Erbschaftsfundraising

Um ihren Spendenanteil im Erbschaftsmarkt zu steigern, müssen Hilfswerke deutlich mehr Zeit und Geld ins Erbschaften- und Legatemarketing investieren.

Das Erbschaftsfundraising hat enormes Potential. Doch Non-Profit-Organisationen in der Schweiz schöpfen es kaum aus. DeinAdieu.ch ermöglicht gemeinnützigen Organisationen, den milliardenschweren Markt digital zu erobern.

Von Bernhard Bircher-Suits

 

Darum gehts

  • Weshalb das Erbschaftsfundraising in Zukunft noch attraktiver werden sollte
  • Worauf Sie als Fundraiser achten müssen, um aus dem wachsenden Erbschaftsmarkt einen konkreten Nutzen zu ziehen
  • Wie Sie die digitalen Tools von DeinAdieu.ch erfolgreich im Erbschaftsfundraising einsetzen

In der Schweiz kämpfen Non-Profit-Organisationen gemäss «ZEWO-Spendenstatistik 2019» um ein Spendenvolumen von rund 1,91 Milliarden Franken.

Im Jahr 2019 gingen aber «nur» rund 250 Millionen Franken in Form von Erbschaften und Legaten bzw. Vermächtnissen an gemeinnützige Institutionen mit ZEWO-Gütesiegel. Diese Summe ist nur ein Bruchteil des riesigen und wachsenden Marktes, den nicht Gewinn orientierte Organisationen mit Hilfe eines aktiveren Erbschafts- und Legate-Marketings (ELM) ausschöpfen könnten.

Erbschaftsmarkt ist 95 Milliarden Franken gross

Wirtschaftsprofessor Marius Brülhart von der Universität Lausanne schätzt in einem Interview mit DeinAdieu.ch, dem ersten Schweizer Online-Portal zum selbstbestimmten Lebensende, dass die Bevölkerung in der Schweiz jährlich rund 95 Milliarden Franken vererbt.

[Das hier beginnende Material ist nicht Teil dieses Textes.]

-- ===== src/Dock/Restore.antt =====
-- `restore_state` and `add_panel`: a stored state decides, else the panel that starts open.
use mathlib.Core.Path.{subst}
use zaku.Prelude.{
  ◌⊎◌, ℕ, ◌<◌, ◌≡◌, refl, sym, ap, ◌∙◌, Bool, true, false, not, ◌&&◌, none, some, List, arith,
  length, get_elem?, insert_idx, Bool-cases, Option-cases, inl, inr, if◌then◌else◌, position-lt,
  get_elem?-position, length-insert_idx, get_elem?-insert_idx_self,
}
use zaku.Text.{Str}
use zaku.Dock.{
  Panel, DockData, Dock, active_panel, visible_entry, set_open, activate_panel, has_name,
  stored_index, panel_index_for_persistent_name, restore_panel, restore_from, restore_state,
  search_priority, insert_panel, add_panel,
}
use zaku.Dock.Sorted.{search_priority-le-length}
use zaku.Dock.Active.{
  IsValid, set_open_lem, activate_panel_lem, set_open-IsValid, activate_panel-IsValid,
  insert_panel-IsValid, active_panel-activate_panel, active_panel-set_open,
}

restore_panel-IsValid :
    (dock : Dock) (serialized : DockData) (index : ℕ)
    → index < length dock.panel_entries
    → IsValid dock
    → IsValid (restore_panel dock serialized index)
unfolding restore_panel
restore_panel-IsValid dock serialized index r h = elim (Bool-cases serialized.visible) [
  | inl q ↦
      rw (restore_panel, q)
        (activate_panel-IsValid _ index r
          (record { ascending = h.ascending; in_range = h.in_range }))
  | inr q ↦ rw (restore_panel, q) (record { ascending = h.ascending; in_range = h.in_range })
]

stored_index-lt :
    (dock : Dock) (serialized : DockData) (index : ℕ)
    → stored_index dock serialized ≡ some index
    → index < length dock.panel_entries
unfolding panel_index_for_persistent_name
stored_index-lt dock serialized index h = elim (Option-cases serialized.active_panel_name) [
  | inl q ↦ cc (rw q at h)
  | inr (name, q) ↦ position-lt (has_name name) dock.panel_entries index (rw q at h)
]

restore_from-IsValid :
    (dock : Dock) (serialized : DockData) → IsValid dock → IsValid (restore_from dock serialized)
unfolding restore_from
restore_from-IsValid dock serialized h = elim (Option-cases (stored_index dock serialized)) [
  | inl q ↦ rw (restore_from, q) (set_open-IsValid dock serialized.visible h)
  | inr (index, q) ↦
      rw (restore_from, q)
        (set_open-IsValid (restore_panel dock serialized index) serialized.visible
          (restore_panel-IsValid dock serialized index (stored_index-lt dock serialized index q) h))
]

pub restore_state-IsValid : (dock : Dock) → IsValid dock → IsValid (restore_state dock).0
unfolding restore_state
restore_state-IsValid dock h = elim (Option-cases dock.serialized_dock) [
  | inl q ↦ rw (restore_state, q) h
  | inr (serialized, q) ↦ rw (restore_state, q) (restore_from-IsValid dock serialized h)
]

search_priority-lt :
    (dock : Dock) (panel : Panel)
    → search_priority panel.activation_priority dock.panel_entries
      < length (
          insert_idx dock.panel_entries
            (search_priority panel.activation_priority dock.panel_entries)
            panel)
search_priority-lt dock panel = omega (
  arith,
  search_priority-le-length panel.activation_priority dock.panel_entries,
  length-insert_idx dock.panel_entries
      (search_priority panel.activation_priority dock.panel_entries) panel,
)

-- Entries and the stored state are no business of `restore_state`.
restore_from-entries :
    (dock : Dock) (serialized : DockData)
    → (restore_from dock serialized).panel_entries ≡ dock.panel_entries
unfolding restore_from restore_panel
restore_from-entries dock serialized = elim (Option-cases (stored_index dock serialized)) [
  | inl q ↦ rw (restore_from, q) (set_open_lem dock serialized.visible).1
  | inr (index, q) ↦
      rw (restore_from, q)
        ((set_open_lem (restore_panel dock serialized index) serialized.visible).1
          ∙ panel_entries_same index (Bool-cases serialized.visible))
]
  where
    panel_entries_same :
        (index : ℕ)
        → (serialized.visible ≡ true) ⊎ (serialized.visible ≡ false)
        → (restore_panel dock serialized index).panel_entries ≡ dock.panel_entries
    panel_entries_same index (inl q) = rw (restore_panel, q) (activate_panel_lem _ index).1
    panel_entries_same index (inr q) = rw (restore_panel, q)

restore_state-entries : (dock : Dock) → (restore_state dock).0.panel_entries ≡ dock.panel_entries
unfolding restore_state
restore_state-entries dock = elim (Option-cases dock.serialized_dock) [
  | inl q ↦ rw (restore_state, q)
  | inr (serialized, q) ↦ rw (restore_state, q) (restore_from-entries dock serialized)
]

-- Adding a panel keeps the panels in the order of their priorities and the active index that of a
-- panel.
pub add_panel-IsValid :
    (dock : Dock) (panel : Panel) → IsValid dock → IsValid (add_panel dock panel).0
unfolding add_panel insert_panel
add_panel-IsValid dock panel h =
    let index = search_priority panel.activation_priority dock.panel_entries in
    let inserted = insert_panel dock panel index in
    let v = restore_state-IsValid inserted (insert_panel-IsValid dock panel h).0 in
    let lt : index < length (restore_state inserted).0.panel_entries =
      subst (λ (ps : List Panel). index < length ps) (sym (restore_state-entries inserted))
        (search_priority-lt dock panel) in
    elim (Bool-cases (not (restore_state inserted).1 && panel.starts_open)) [
      | inl q ↦ rw (add_panel, q) (set_open-IsValid _ true (activate_panel-IsValid _ index lt v))
      | inr q ↦ rw (add_panel, q) v
    ]

restore_state-none :
    (dock : Dock) → dock.serialized_dock ≡ none → restore_state dock ≡ (dock, false)
unfolding restore_state
restore_state-none dock n = simp (restore_state, n)

add_panel-none :
    (dock : Dock) (panel : Panel)
    → dock.serialized_dock ≡ none
    → (add_panel dock panel).0 ≡ (
        let index = search_priority panel.activation_priority dock.panel_entries in
        let inserted = insert_panel dock panel index in
        if panel.starts_open then set_open (activate_panel inserted index) true else inserted)
unfolding add_panel insert_panel
add_panel-none dock panel n =
    let index = search_priority panel.activation_priority dock.panel_entries in
    ap
      (λ (r : Dock × Bool).
        if not r.1 && panel.starts_open then set_open (activate_panel r.0 index) true else r.0)
      (restore_state-none (insert_panel dock panel index) n)

-- With no stored state, a panel that starts open is shown once it is added, and any other panel
-- leaves a valid dock as open as it was, with the same active panel.
pub active_panel-add_panel :
    (dock : Dock) (panel : Panel)
    → IsValid dock
    → dock.serialized_dock ≡ none
    → (active_panel (add_panel dock panel).0
        ≡ (if panel.starts_open then some panel else active_panel dock))
      × ((add_panel dock panel).0.is_open ≡ (if panel.starts_open then true else dock.is_open))
unfolding insert_panel
active_panel-add_panel dock panel h n = (
  ap active_panel (add_panel-none dock panel n) ∙ (shown panel.starts_open).0,
  ap (λ (d : Dock). d.is_open) (add_panel-none dock panel n) ∙ (shown panel.starts_open).1,
)
  where
    index : ℕ
    index = search_priority panel.activation_priority dock.panel_entries

    shown :
        (b : Bool)
        → (active_panel (
              if b
              then set_open (activate_panel (insert_panel dock panel index) index) true
              else insert_panel dock panel index)
            ≡ (if b then some panel else active_panel dock))
          × ((if b
                then set_open (activate_panel (insert_panel dock panel index) index) true
                else insert_panel dock panel index).is_open
              ≡ (if b then true else dock.is_open))
    shown true = (
      active_panel-set_open (activate_panel (insert_panel dock panel index) index) true
          ∙ active_panel-activate_panel (insert_panel dock panel index) index
          ∙ get_elem?-insert_idx_self dock.panel_entries index panel
              (search_priority-le-length panel.activation_priority dock.panel_entries),
      (set_open_lem (activate_panel (insert_panel dock panel index) index) true).0,
    )
    shown false = ((insert_panel-IsValid dock panel h).1, refl)

active_panel-restore_panel :
    (dock : Dock) (serialized : DockData) (index : ℕ)
    → serialized.visible ≡ true
    → active_panel (restore_panel dock serialized index) ≡ get_elem? dock.panel_entries index
unfolding restore_panel
active_panel-restore_panel dock serialized index v =
    rw (restore_panel, v) (active_panel-activate_panel _ index)

restore_from-some :
    (dock : Dock) (serialized : DockData) {index : ℕ}
    → stored_index dock serialized ≡ some index
    → restore_from dock serialized
      ≡ set_open (restore_panel dock serialized index) serialized.visible
unfolding restore_from
restore_from-some dock serialized q = rw (restore_from, q)

restore_state-some :
    (dock : Dock) {serialized : DockData}
    → dock.serialized_dock ≡ some serialized
    → (restore_state dock).0 ≡ restore_from dock serialized
unfolding restore_state
restore_state-some dock s = simp (restore_state, s)

-- The stored state decides: if it is visible and names a panel that the dock has, the dock is open
-- and shows a panel of that name.
pub restore_state-shows :
    (dock : Dock) (serialized : DockData) (name : Str) (index : ℕ)
    → dock.serialized_dock ≡ some serialized
    → serialized.visible ≡ true
    → serialized.active_panel_name ≡ some name
    → panel_index_for_persistent_name dock name ≡ some index
    → (panel : Panel) × (visible_entry (restore_state dock).0 ≡ some panel)
      × (has_name name panel ≡ true)
unfolding panel_index_for_persistent_name visible_entry
restore_state-shows dock serialized name index s v a i =
    let (panel, e, m) = get_elem?-position (has_name name) dock.panel_entries index i in
    let stored : stored_index dock serialized ≡ some index = rw a i in
    let restored = restore_panel dock serialized index in
    let whole : (restore_state dock).0 ≡ set_open restored serialized.visible =
      restore_state-some dock s ∙ restore_from-some dock serialized stored in
    let opened : (restore_state dock).0.is_open ≡ true =
      ap (λ (d : Dock). d.is_open) whole ∙ (set_open_lem restored serialized.visible).0 ∙ v in
    let shown : active_panel (restore_state dock).0 ≡ some panel =
      ap active_panel whole
      ∙ active_panel-set_open restored serialized.visible
      ∙ active_panel-restore_panel dock serialized index v
      ∙ e in
    (panel, rw (visible_entry, opened) shown, m)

DeinAdieu hat in einer repräsentativen Studie ermittelt, wie viel Hilfswerke von Erblassern erhalten. Resultat: 50’000 bis 80’000 Franken beträgt der Median pro Legat/Erbschaft an ein Hilfswerk. An der Studie mit dem Titel «Instrumente des Erbschafts- und Legatemarketings» haben 122 Schweizer Hilfswerke teilgenommen.

Hohe Pflichtteile lassen wenig Spielraum

Die Schweiz belegt nicht nur bezüglich dieser Zahl, sondern auch bezüglich des gesamten Erbvolumens in Europa den Spitzenplatz. Marius Brülhart sagt: «Dank der guten Altersrenten verzehren die meisten Menschen ihr Vermögen gegen Lebensende immer weniger.»

Doch warum fliesst nur ein verschwindend kleiner Anteil dieser enormen Erbmasse an wohltätige Organisationen? Professor Brülhart erklärt: «In der Schweiz lassen hohe Pflichtteile weniger Spielraum für Legate an Hilfswerke und andere ausserfamiliäre Empfänger.»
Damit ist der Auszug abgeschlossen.